Australian diplomat and public servant

Paul Thomas O'Sullivan , (born 3 February 1948) is an Australian diplomat and public servant who served as Australia's High Commissioner to New Zealand and as former Director-General of Security. O'Sullivan accepted a role as a political advisor for the Abbott government in 2013.

==Background and career==
O'Sullivan attended Marcellin College, Randwick, and graduated from the University of Sydney with a Bachelor of Arts (Hons).

===Public service and diplomatic career===
After joining the Department of Foreign Affairs in 1971, O'Sullivan held diplomatic appointments in Rome, Washington, D.C. and Cairo. Between 1991 and 1994 he was the Australian representative to the UN disarmament office. From 1994 to 1996 he headed two divisions in the Department of Foreign Affairs and Trade. After serving as Deputy Chief of Mission at the Australian Embassy in Washington, O'Sullivan was appointed as the Australian Ambassador to Germany in 1999.

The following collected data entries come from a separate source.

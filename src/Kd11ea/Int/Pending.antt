-- ===== src/Kd11ea/Int/Pending.antt =====
-- Which vectors are pending after a device has asked for an interrupt or withdrawn it.
use mathlib.Core.List.{Mem, Nodup-cons, mem-cons, mem-cons_of_mem, Mem-prop, perm_append_singleton}
use mathlib.Core.List.Perm
use mathlib.Core.Logic.Or
use ll.Prelude.{ℕ, ◌≡◌, ◌≢◌, sym, ◌∙◌, inl, inr, some, [], ◌∷◌, ◌++◌}
use ll.Prelude.Seq.{Perm}
use ll.Kd11ea.Int.{IntRequest, IntController, int_request, int_cancel, int_ack}
use ll.Kd11ea.Int.Queue.{IsValid, vectors, absent, int_ack-perm, int_cancel-perm, int_request_lem}

abbrev pub Pending : IntController → ℕ → Type 0
Pending ic vector = Mem vector (vectors ic.queue)

-- A withdrawn request is no longer pending, and no other one becomes so.
pub int_cancel-Pending :
    (ic : IntController) (v w : ℕ)
    → IsValid ic
    → Pending (int_cancel ic v) w
    → Pending ic w × (w ≢ v)
int_cancel-Pending ic v w valid m = elim (int_cancel-perm ic v) [
  | inl (e, same) ↦
      let old : Pending ic w = rw same at m in (old, λ its. absent v ic.queue e (rw its at old))
  | inr (r, its, p, _) ↦
      let p' : Perm (vectors (r ∷ (int_cancel ic v).queue)) (vectors ic.queue) = Perm.map _ p in
      let gone : ¬ Mem r.vector (vectors (int_cancel ic v).queue) =
        (Nodup-cons.0 (Perm.nodup (Perm.symm p') valid.distinct)).0 in
      ((Perm.mem_iff p').0 (mem-cons_of_mem r.vector m), λ same. gone (rw (same ∙ sym its) at m))
]

-- A request makes no vector pending but its own.
pub int_request-Pending :
    (ic : IntController) (v priority w : ℕ)
    → w ≢ v
    → Pending (int_request ic v priority).1 w
    → Pending ic w
int_request-Pending ic v priority w ne m = elim (int_request_lem ic v priority) [
  | inl (_, same) ↦ rw same at m
  | inr (inl (_, _, same)) ↦ rw same at m
  | inr (inr (_, _, put_last)) ↦
      let r : IntRequest = record { vector = v; priority = priority } in
      let p : Perm (vectors (ic.queue ++ r ∷ [])) (vectors (r ∷ ic.queue)) =
        Perm.map _ (perm_append_singleton r ic.queue) in
      let m' : Mem w (vectors (ic.queue ++ r ∷ [])) = rw put_last at m in
      Or.elim Mem-prop (mem-cons.0 ((Perm.mem_iff p).0 m')) (λ same. absurd (ne same)) (λ old. old)
]

-- A grant makes no vector pending.
pub int_ack-Pending :
    (ic ic' : IntController) (cpu w : ℕ) (r : IntRequest)
    → int_ack ic cpu ≡ some (r, ic')
    → Pending ic' w
    → Pending ic w
int_ack-Pending ic ic' cpu w r e m =
    let p : Perm (vectors (r ∷ ic'.queue)) (vectors ic.queue) =
      Perm.map _ (int_ack-perm ic ic' cpu r e).0 in
    (Perm.mem_iff p).0 (mem-cons_of_mem r.vector m)
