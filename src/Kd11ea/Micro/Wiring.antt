-- ===== src/Kd11ea/Micro/Wiring.antt =====
-- The wiring of the PROMs of the micro-cycle (pdp11/kd11ea/rom_wiring.h). An address is the list of
-- its lines, the lowest first.
use ll.Prelude.{
  ℕ, ◌+◌, ◌*◌, ◌/◌, ◌%◌, ◌^◌, [], ◌∷◌, ◌==◌, Bool, ◌&&◌, not, truthy, as_bit, bit, bit_or,
}
use ll.Kd11ea.Decode.{lines, low}

unfoldable pub e82_addr : ℕ → ℕ
e82_addr f = lines (bit 3 f ∷ bit 0 f ∷ bit 2 f ∷ bit 1 f ∷ bit 4 f ∷ [])

unfoldable pub e82_bleg : ℕ → ℕ
e82_bleg d = bit 6 d * 2 + bit 7 d

unfoldable pub e82_alu_s : ℕ → ℕ
e82_alu_s d = low (bit 0 d) * 8 + low (bit 1 d) * 4 + low (bit 3 d) * 2 + low (bit 4 d)

abbrev pub bleg_breg : ℕ
bleg_breg = 0

abbrev pub bleg_bxreg : ℕ
bleg_bxreg = 1

abbrev pub bleg_plus16 : ℕ
bleg_plus16 = 2

abbrev pub bleg_plus1 : ℕ
bleg_plus1 = 3

unfoldable pub e87_addr : ℕ → ℕ
e87_addr f = lines (0 ∷ bit 0 f ∷ bit 2 f ∷ bit 3 f ∷ bit 1 f ∷ [])

unfoldable pub e87_b_mode : ℕ → ℕ
e87_b_mode d = low (bit 1 d) * 2 + low (bit 0 d)

unfoldable pub e87_bx_mode : ℕ → ℕ
e87_bx_mode d = bit 3 d * 2 + bit 2 d

unfoldable pub e87_shift_mux_l : ℕ → ℕ
e87_shift_mux_l d = bit 4 d * 2 + bit 5 d

abbrev pub e87_enab_ovx_l : ℕ → ℕ
e87_enab_ovx_l d = bit 6 d

abbrev pub e87_enab_dbe_l : ℕ → ℕ
e87_enab_dbe_l d = bit 7 d

unfoldable pub e102_addr : ℕ → ℕ
e102_addr f = lines (1 ∷ bit 0 f ∷ bit 2 f ∷ bit 3 f ∷ bit 1 f ∷ [])

-- DM0 and SM0: the destination, or the source, is a register.
abbrev pub dm0 : ℕ → ℕ
dm0 ir = as_bit (ir / 2 ^ 3 % 8 == 0)

abbrev pub sm0 : ℕ → ℕ
sm0 ir = as_bit (ir / 2 ^ 9 % 8 == 0)

unfoldable pub e59_e60_addr : ℕ → ℕ
e59_e60_addr ir =
    lines
      (dm0 ir ∷ bit 6 ir ∷ bit 7 ir ∷ bit 8 ir ∷ bit 9 ir ∷ bit 10 ir ∷ bit 11 ir ∷ bit 15 ir ∷ [])

unfoldable pub e63_addr : ℕ → ℕ
e63_addr ir =
    lines
      (bit 0 ir ∷ bit 5 ir ∷ bit 7 ir ∷ bit 1 ir ∷ bit 2 ir ∷ bit 3 ir ∷ bit 4 ir ∷ bit 6 ir ∷ [])

unfoldable pub e68_addr : ℕ → ℕ
e68_addr ir = lines (
    bit 12 ir
    ∷ bit 9 ir
    ∷ bit 10 ir
    ∷ bit 7 ir
    ∷ bit 6 ir
    ∷ bit 14 ir
    ∷ bit 15 ir
    ∷ bit 13 ir
    ∷ bit 8 ir
    ∷ [])

abbrev pub e68_cc_code : ℕ → ℕ
e68_cc_code d = d % 8

abbrev pub e68_byte_l : ℕ → ℕ
e68_byte_l d = bit 3 d

unfoldable pub e69_addr : ℕ → Bool → Bool → ℕ
e69_addr ir but_dest_l ir_decode_h = lines (
    bit 12 ir
    ∷ dm0 ir
    ∷ sm0 ir
    ∷ as_bit ir_decode_h
    ∷ as_bit but_dest_l
    ∷ bit 14 ir
    ∷ bit 15 ir
    ∷ bit 13 ir
    ∷ [])

unfoldable pub e70_addr : ℕ → Bool → Bool → ℕ
unfolding e69_addr
e70_addr ir but_dest_l ir_decode_h = bit_or (e69_addr ir but_dest_l ir_decode_h) (2 ^ 8)

unfoldable pub e74_addr : ℕ → Bool → ℕ
e74_addr ir ir_decode_h =
    let nand = not (truthy (bit 14 ir) && truthy (bit 13 ir) && truthy (bit 12 ir)) in
    lines (bit 9 ir ∷ bit 10 ir ∷ bit 11 ir ∷ as_bit ir_decode_h ∷ as_bit nand ∷ [])

unfoldable pub e83_addr : ℕ → ℕ
e83_addr ir = lines (0 ∷ bit 12 ir ∷ bit 13 ir ∷ bit 14 ir ∷ bit 15 ir ∷ [])

unfoldable pub e83_func_code : ℕ → ℕ
e83_func_code d = bit 7 d * 8 + bit 0 d * 4 + bit 1 d * 2 + bit 2 d

unfoldable pub e61_addr : ℕ → ℕ → ℕ → ℕ
e61_addr ir cbit nbit =
    lines (bit 15 ir ∷ bit 6 ir ∷ bit 7 ir ∷ bit 8 ir ∷ bit 9 ir ∷ bit 10 ir ∷ nbit ∷ cbit ∷ [])

unfoldable pub e80_addr : ℕ → ℕ → ℕ → ℕ → ℕ → ℕ → ℕ → ℕ
e80_addr ss01 ss00 bdt aux byte_h vba00_bdt mov_l =
    lines (byte_h ∷ vba00_bdt ∷ mov_l ∷ aux ∷ bdt ∷ ss01 ∷ 0 ∷ ss00 ∷ [])

unfoldable pub e54_addr : ℕ → ℕ → ℕ
e54_addr ir user_mode = lines (
    bit 0 ir
    ∷ bit 6 ir
    ∷ dm0 ir
    ∷ bit 1 ir
    ∷ bit 2 ir
    ∷ bit 7 ir
    ∷ low user_mode
    ∷ as_bit (not (ir / 2 ^ 8 % 2 ^ 8 == 0))
    ∷ [])

unfoldable pub e59_ir_code : ℕ → ℕ
e59_ir_code d = low (bit 3 d) * 4 + low (bit 2 d) * 2 + low (bit 1 d)
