-- ===== src/Kd11ea/Micro/Roms/Single.antt =====
-- The PROMs that decode single operand and operate instructions, and reset and trace
-- (pdp11/kd11ea/roms/rom_images.h).
use ll.Prelude.{ℕ, List, [], ◌∷◌}

unfoldable pub e54_rom : List ℕ
e54_rom =
    4 ∷ 4 ∷ 4 ∷ 4 ∷ 4 ∷ 4 ∷ 4 ∷ 4 ∷ 4 ∷ 4 ∷ 4 ∷ 4 ∷ 6 ∷ 4 ∷ 4 ∷ 4 ∷ 4 ∷ 4 ∷ 4 ∷ 4 ∷ 4 ∷ 4 ∷ 4 ∷ 4
    ∷ 4 ∷ 4 ∷ 4 ∷ 4 ∷ 2 ∷ 4 ∷ 4 ∷ 4 ∷ 4 ∷ 4 ∷ 4 ∷ 4 ∷ 4 ∷ 4 ∷ 4 ∷ 4 ∷ 4 ∷ 4 ∷ 4 ∷ 4 ∷ 4 ∷ 4 ∷ 4 ∷ 4
    ∷ 4 ∷ 4 ∷ 4 ∷ 4 ∷ 4 ∷ 4 ∷ 4 ∷ 4 ∷ 4 ∷ 4 ∷ 4 ∷ 4 ∷ 4 ∷ 4 ∷ 4 ∷ 4 ∷ 4 ∷ 4 ∷ 4 ∷ 4 ∷ 4 ∷ 4 ∷ 4 ∷ 4
    ∷ 4 ∷ 4 ∷ 4 ∷ 4 ∷ 4 ∷ 4 ∷ 4 ∷ 4 ∷ 4 ∷ 4 ∷ 4 ∷ 4 ∷ 4 ∷ 12 ∷ 4 ∷ 4 ∷ 4 ∷ 4 ∷ 4 ∷ 4 ∷ 0 ∷ 4 ∷ 4 ∷ 4
    ∷ 4 ∷ 4 ∷ 4 ∷ 4 ∷ 4 ∷ 4 ∷ 4 ∷ 4 ∷ 4 ∷ 4 ∷ 4 ∷ 4 ∷ 4 ∷ 4 ∷ 4 ∷ 4 ∷ 4 ∷ 4 ∷ 4 ∷ 4 ∷ 4 ∷ 4 ∷ 4 ∷ 4
    ∷ 4 ∷ 4 ∷ 4 ∷ 4 ∷ 4 ∷ 4 ∷ 4 ∷ 4 ∷ 4 ∷ 4 ∷ 4 ∷ 4 ∷ 4 ∷ 4 ∷ 4 ∷ 4 ∷ 4 ∷ 4 ∷ 4 ∷ 4 ∷ 4 ∷ 4 ∷ 4 ∷ 4
    ∷ 4 ∷ 4 ∷ 4 ∷ 4 ∷ 4 ∷ 4 ∷ 4 ∷ 4 ∷ 4 ∷ 4 ∷ 4 ∷ 4 ∷ 4 ∷ 4 ∷ 4 ∷ 4 ∷ 4 ∷ 4 ∷ 4 ∷ 4 ∷ 4 ∷ 4 ∷ 4 ∷ 4
    ∷ 4 ∷ 4 ∷ 4 ∷ 4 ∷ 4 ∷ 4 ∷ 4 ∷ 4 ∷ 4 ∷ 4 ∷ 4 ∷ 4 ∷ 4 ∷ 4 ∷ 4 ∷ 4 ∷ 4 ∷ 4 ∷ 4 ∷ 4 ∷ 4 ∷ 4 ∷ 4 ∷ 4
    ∷ 4 ∷ 4 ∷ 4 ∷ 4 ∷ 4 ∷ 4 ∷ 4 ∷ 4 ∷ 4 ∷ 4 ∷ 4 ∷ 4 ∷ 4 ∷ 4 ∷ 4 ∷ 4 ∷ 4 ∷ 4 ∷ 4 ∷ 4 ∷ 4 ∷ 4 ∷ 4 ∷ 4
    ∷ 4 ∷ 4 ∷ 4 ∷ 4 ∷ 4 ∷ 4 ∷ 4 ∷ 4 ∷ 4 ∷ 4 ∷ 4 ∷ 4 ∷ 4 ∷ 4 ∷ 4 ∷ 4 ∷ 4 ∷ 4 ∷ 4 ∷ 4 ∷ 4 ∷ 4 ∷ 4 ∷ 4
    ∷ 4 ∷ 4 ∷ 4 ∷ 4 ∷ 4 ∷ 4 ∷ 4 ∷ 4 ∷ 4 ∷ 4 ∷ 4 ∷ 4 ∷ 4 ∷ 4 ∷ 4 ∷ 4 ∷ []

unfoldable pub e59_rom : List ℕ
e59_rom =
    15 ∷ 15 ∷ 14 ∷ 11 ∷ 15 ∷ 15 ∷ 14 ∷ 14 ∷ 15 ∷ 15 ∷ 15 ∷ 15 ∷ 15 ∷ 15 ∷ 15 ∷ 15 ∷ 15 ∷ 15 ∷ 15
    ∷ 15 ∷ 15 ∷ 15 ∷ 15 ∷ 15 ∷ 15 ∷ 15 ∷ 15 ∷ 15 ∷ 15 ∷ 15 ∷ 15 ∷ 15 ∷ 15 ∷ 15 ∷ 15 ∷ 15 ∷ 15 ∷ 15
    ∷ 15 ∷ 15 ∷ 15 ∷ 15 ∷ 15 ∷ 15 ∷ 15 ∷ 15 ∷ 15 ∷ 15 ∷ 15 ∷ 15 ∷ 15 ∷ 15 ∷ 15 ∷ 15 ∷ 15 ∷ 15 ∷ 15
    ∷ 15 ∷ 15 ∷ 15 ∷ 15 ∷ 15 ∷ 15 ∷ 15 ∷ 14 ∷ 11 ∷ 14 ∷ 11 ∷ 14 ∷ 11 ∷ 14 ∷ 11 ∷ 14 ∷ 11 ∷ 14 ∷ 11
    ∷ 14 ∷ 11 ∷ 14 ∷ 11 ∷ 14 ∷ 14 ∷ 14 ∷ 14 ∷ 14 ∷ 14 ∷ 14 ∷ 14 ∷ 15 ∷ 15 ∷ 14 ∷ 14 ∷ 14 ∷ 14 ∷ 14
    ∷ 14 ∷ 14 ∷ 14 ∷ 14 ∷ 14 ∷ 14 ∷ 14 ∷ 14 ∷ 14 ∷ 15 ∷ 15 ∷ 14 ∷ 14 ∷ 15 ∷ 15 ∷ 14 ∷ 14 ∷ 13 ∷ 13
    ∷ 13 ∷ 13 ∷ 13 ∷ 13 ∷ 13 ∷ 13 ∷ 13 ∷ 13 ∷ 13 ∷ 13 ∷ 13 ∷ 13 ∷ 13 ∷ 13 ∷ 15 ∷ 15 ∷ 15 ∷ 15 ∷ 15
    ∷ 15 ∷ 15 ∷ 15 ∷ 15 ∷ 15 ∷ 15 ∷ 15 ∷ 15 ∷ 15 ∷ 15 ∷ 15 ∷ 15 ∷ 15 ∷ 15 ∷ 15 ∷ 15 ∷ 15 ∷ 15 ∷ 15
    ∷ 15 ∷ 15 ∷ 15 ∷ 15 ∷ 15 ∷ 15 ∷ 15 ∷ 15 ∷ 15 ∷ 15 ∷ 15 ∷ 15 ∷ 15 ∷ 15 ∷ 15 ∷ 15 ∷ 15 ∷ 15 ∷ 15
    ∷ 15 ∷ 15 ∷ 15 ∷ 15 ∷ 15 ∷ 15 ∷ 15 ∷ 15 ∷ 15 ∷ 15 ∷ 15 ∷ 15 ∷ 15 ∷ 15 ∷ 15 ∷ 15 ∷ 15 ∷ 15 ∷ 15
    ∷ 15 ∷ 15 ∷ 5 ∷ 5 ∷ 5 ∷ 5 ∷ 5 ∷ 5 ∷ 5 ∷ 5 ∷ 3 ∷ 3 ∷ 3 ∷ 3 ∷ 3 ∷ 3 ∷ 3 ∷ 3 ∷ 14 ∷ 14 ∷ 14 ∷ 14
    ∷ 14 ∷ 14 ∷ 14 ∷ 14 ∷ 15 ∷ 15 ∷ 14 ∷ 14 ∷ 14 ∷ 14 ∷ 14 ∷ 14 ∷ 14 ∷ 14 ∷ 14 ∷ 14 ∷ 14 ∷ 14 ∷ 14
    ∷ 14 ∷ 14 ∷ 14 ∷ 14 ∷ 14 ∷ 15 ∷ 15 ∷ 14 ∷ 14 ∷ 13 ∷ 13 ∷ 13 ∷ 13 ∷ 13 ∷ 13 ∷ 13 ∷ 13 ∷ 13 ∷ 13
    ∷ 13 ∷ 13 ∷ 13 ∷ 13 ∷ 13 ∷ 13 ∷ []

unfoldable pub e60_rom : List ℕ
e60_rom =
    15 ∷ 15 ∷ 13 ∷ 15 ∷ 15 ∷ 15 ∷ 12 ∷ 12 ∷ 15 ∷ 15 ∷ 15 ∷ 15 ∷ 15 ∷ 15 ∷ 15 ∷ 15 ∷ 15 ∷ 15 ∷ 15
    ∷ 15 ∷ 15 ∷ 15 ∷ 15 ∷ 15 ∷ 15 ∷ 15 ∷ 15 ∷ 15 ∷ 15 ∷ 15 ∷ 15 ∷ 15 ∷ 15 ∷ 15 ∷ 15 ∷ 15 ∷ 15 ∷ 15
    ∷ 15 ∷ 15 ∷ 15 ∷ 15 ∷ 15 ∷ 15 ∷ 15 ∷ 15 ∷ 15 ∷ 15 ∷ 15 ∷ 15 ∷ 15 ∷ 15 ∷ 15 ∷ 15 ∷ 15 ∷ 15 ∷ 15
    ∷ 15 ∷ 15 ∷ 15 ∷ 15 ∷ 15 ∷ 15 ∷ 15 ∷ 2 ∷ 15 ∷ 2 ∷ 15 ∷ 2 ∷ 15 ∷ 2 ∷ 15 ∷ 2 ∷ 15 ∷ 2 ∷ 15 ∷ 2
    ∷ 15 ∷ 2 ∷ 15 ∷ 11 ∷ 11 ∷ 11 ∷ 11 ∷ 11 ∷ 11 ∷ 11 ∷ 11 ∷ 2 ∷ 2 ∷ 11 ∷ 11 ∷ 11 ∷ 11 ∷ 1 ∷ 1 ∷ 0
    ∷ 0 ∷ 0 ∷ 0 ∷ 0 ∷ 0 ∷ 0 ∷ 0 ∷ 13 ∷ 13 ∷ 7 ∷ 7 ∷ 14 ∷ 14 ∷ 11 ∷ 11 ∷ 15 ∷ 15 ∷ 15 ∷ 15 ∷ 15 ∷ 15
    ∷ 15 ∷ 15 ∷ 15 ∷ 15 ∷ 15 ∷ 15 ∷ 15 ∷ 15 ∷ 15 ∷ 15 ∷ 15 ∷ 15 ∷ 15 ∷ 15 ∷ 15 ∷ 15 ∷ 15 ∷ 15 ∷ 15
    ∷ 15 ∷ 15 ∷ 15 ∷ 15 ∷ 15 ∷ 15 ∷ 15 ∷ 15 ∷ 15 ∷ 15 ∷ 15 ∷ 15 ∷ 15 ∷ 15 ∷ 15 ∷ 15 ∷ 15 ∷ 15 ∷ 15
    ∷ 15 ∷ 15 ∷ 15 ∷ 15 ∷ 15 ∷ 15 ∷ 15 ∷ 15 ∷ 15 ∷ 15 ∷ 15 ∷ 15 ∷ 15 ∷ 15 ∷ 15 ∷ 15 ∷ 15 ∷ 15 ∷ 15
    ∷ 15 ∷ 15 ∷ 15 ∷ 15 ∷ 15 ∷ 15 ∷ 15 ∷ 15 ∷ 15 ∷ 15 ∷ 15 ∷ 15 ∷ 15 ∷ 15 ∷ 15 ∷ 15 ∷ 15 ∷ 15 ∷ 15
    ∷ 15 ∷ 15 ∷ 15 ∷ 15 ∷ 15 ∷ 15 ∷ 15 ∷ 15 ∷ 15 ∷ 15 ∷ 15 ∷ 15 ∷ 15 ∷ 15 ∷ 11 ∷ 11 ∷ 11 ∷ 11 ∷ 11
    ∷ 11 ∷ 11 ∷ 11 ∷ 2 ∷ 2 ∷ 11 ∷ 11 ∷ 11 ∷ 11 ∷ 1 ∷ 1 ∷ 0 ∷ 0 ∷ 0 ∷ 0 ∷ 0 ∷ 0 ∷ 0 ∷ 0 ∷ 5 ∷ 5 ∷ 7
    ∷ 7 ∷ 14 ∷ 14 ∷ 4 ∷ 4 ∷ 15 ∷ 15 ∷ 15 ∷ 15 ∷ 15 ∷ 15 ∷ 15 ∷ 15 ∷ 15 ∷ 15 ∷ 15 ∷ 15 ∷ 15 ∷ 15 ∷ 15
    ∷ 15 ∷ []

unfoldable pub e63_rom : List ℕ
e63_rom =
    3 ∷ 12 ∷ 15 ∷ 15 ∷ 13 ∷ 13 ∷ 9 ∷ 9 ∷ 6 ∷ 15 ∷ 15 ∷ 15 ∷ 13 ∷ 13 ∷ 9 ∷ 9 ∷ 15 ∷ 3 ∷ 15 ∷ 15 ∷ 13
    ∷ 13 ∷ 9 ∷ 9 ∷ 6 ∷ 15 ∷ 15 ∷ 15 ∷ 13 ∷ 13 ∷ 9 ∷ 9 ∷ 15 ∷ 15 ∷ 15 ∷ 15 ∷ 15 ∷ 15 ∷ 9 ∷ 9 ∷ 15
    ∷ 15 ∷ 15 ∷ 15 ∷ 15 ∷ 15 ∷ 9 ∷ 9 ∷ 15 ∷ 15 ∷ 15 ∷ 15 ∷ 15 ∷ 15 ∷ 9 ∷ 9 ∷ 15 ∷ 15 ∷ 15 ∷ 15 ∷ 15
    ∷ 15 ∷ 9 ∷ 9 ∷ 15 ∷ 15 ∷ 15 ∷ 15 ∷ 15 ∷ 15 ∷ 1 ∷ 1 ∷ 15 ∷ 15 ∷ 15 ∷ 15 ∷ 15 ∷ 15 ∷ 1 ∷ 1 ∷ 15
    ∷ 15 ∷ 15 ∷ 15 ∷ 15 ∷ 15 ∷ 1 ∷ 1 ∷ 15 ∷ 15 ∷ 15 ∷ 15 ∷ 15 ∷ 15 ∷ 1 ∷ 1 ∷ 15 ∷ 15 ∷ 15 ∷ 15 ∷ 15
    ∷ 15 ∷ 1 ∷ 1 ∷ 15 ∷ 15 ∷ 15 ∷ 15 ∷ 15 ∷ 15 ∷ 1 ∷ 1 ∷ 15 ∷ 15 ∷ 15 ∷ 15 ∷ 15 ∷ 15 ∷ 1 ∷ 1 ∷ 15
    ∷ 15 ∷ 15 ∷ 15 ∷ 15 ∷ 15 ∷ 1 ∷ 1 ∷ 15 ∷ 15 ∷ 15 ∷ 15 ∷ 15 ∷ 15 ∷ 15 ∷ 15 ∷ 15 ∷ 15 ∷ 15 ∷ 15
    ∷ 15 ∷ 15 ∷ 15 ∷ 15 ∷ 15 ∷ 15 ∷ 15 ∷ 15 ∷ 15 ∷ 15 ∷ 15 ∷ 15 ∷ 15 ∷ 15 ∷ 15 ∷ 15 ∷ 15 ∷ 15 ∷ 15
    ∷ 15 ∷ 15 ∷ 15 ∷ 15 ∷ 15 ∷ 15 ∷ 15 ∷ 15 ∷ 15 ∷ 15 ∷ 15 ∷ 15 ∷ 15 ∷ 15 ∷ 15 ∷ 15 ∷ 15 ∷ 15 ∷ 15
    ∷ 15 ∷ 15 ∷ 15 ∷ 15 ∷ 15 ∷ 15 ∷ 15 ∷ 15 ∷ 15 ∷ 15 ∷ 15 ∷ 15 ∷ 15 ∷ 15 ∷ 15 ∷ 15 ∷ 15 ∷ 15 ∷ 15
    ∷ 15 ∷ 15 ∷ 15 ∷ 15 ∷ 15 ∷ 15 ∷ 15 ∷ 15 ∷ 15 ∷ 15 ∷ 15 ∷ 15 ∷ 15 ∷ 15 ∷ 15 ∷ 15 ∷ 15 ∷ 15 ∷ 15
    ∷ 15 ∷ 15 ∷ 15 ∷ 15 ∷ 15 ∷ 15 ∷ 15 ∷ 15 ∷ 15 ∷ 15 ∷ 15 ∷ 15 ∷ 15 ∷ 15 ∷ 15 ∷ 15 ∷ 15 ∷ 15 ∷ 15
    ∷ 15 ∷ 15 ∷ 15 ∷ 15 ∷ 15 ∷ 15 ∷ 15 ∷ 15 ∷ 15 ∷ 15 ∷ 15 ∷ 15 ∷ 15 ∷ 15 ∷ 15 ∷ 15 ∷ 15 ∷ 15 ∷ 15
    ∷ 15 ∷ 15 ∷ []

unfoldable pub e74_rom : List ℕ
e74_rom =
    0xfe ∷ 0xfe ∷ 0xfe ∷ 0xfe ∷ 0xfe ∷ 0xfe ∷ 0xfe ∷ 0xfe ∷ 58 ∷ 58 ∷ 56 ∷ 56 ∷ 0xec ∷ 0xde ∷ 0xde
    ∷ 0x72 ∷ 0xfe ∷ 0xfe ∷ 0xfe ∷ 0xfe ∷ 0xfe ∷ 0xfe ∷ 0xfe ∷ 0xfe ∷ 0xfe ∷ 0xfe ∷ 0xfe ∷ 0xfe
    ∷ 0xfe ∷ 0xfe ∷ 0xfe ∷ 0xfe ∷ []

O'Sullivan was a Deputy Secretary in the Department of Foreign Affairs and Trade between 2003 and 2004. He was appointed as Senior Advisor (International) to Prime Minister John Howard in January 2004, taking up his appointment to head the Australian Security Intelligence Organisation in July 2005. Between 2004 and 2005 O'Sullivan was concurrently a Commissioner of the National Crime Commission.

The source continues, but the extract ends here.